Published: Nov 11, 2009 02:46 AM
Modified: Nov 18, 2009 08:25 AM
WILSON'S MILLS - One candidate here said a polling place foul-up could have cost him reelection. An error on the Board of Elections' Web site could have confused voters, said council incumbent Clifton Cooley Sr.
As of Monday, Cooley trailed former mayor Kenneth Jones by a vote in the race for the last of three open council seats. Cooley, who has served eight years on the council, could still win if six provisional ballots go his way, but he was already weighing other options last week.
The root of the issue was a change in the town's sole polling place. The Board of Elections announced in July that it would move the poll from the town's fire station to its elementary school, and sent postcards saying as much to each resident.
But the board updated only one of the two polling-place lists on its Web site; the two links sit next to each other on the site, and their content is almost identical. When The Herald printed a list of polling places in its Oct. 28 edition, it referred to the list that contained the errors.
Cooley thinks the county Web site spread bad information that could have cost him that crucial vote. "People got confused as to where to go to vote yesterday," Cooley said last week. "There was nobody at the fire station telling them where to go."
Some of his supporters didn't end up voting because of the mistake, Cooley said.
Leigh Anne Price, supervisor of elections in Johnston County, said about six people from Wilson's Mills called her with complaints or questions on election day. But despite the Web site error, she said, all the town's residents had received the notification cards.
Cooley said he planned to protest the election and request a re-vote.
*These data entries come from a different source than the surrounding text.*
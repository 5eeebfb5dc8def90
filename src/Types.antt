-- ===== src/Types.antt =====
-- src/type.h and src/type.c.
pub mod Shape
pub mod Key
pub mod Table
pub mod Interning
pub mod Canonical
pub mod Coerce
pub mod Coercions
pub mod Coercible
pub mod FromAst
Price said that if Cooley could show an "irregularity" in the voting, he could ask for a hearing before the county's Board of Elections. That board could then choose to send the dispute to the state Board of Elections, which could, among other things, schedule a second vote.Another curiosity in Wilson's Mills: More than 30 of 156 voters, or about 20 percent, wrote in a candidate instead of voting for Fleta Byrd or Phillip Wright for mayor.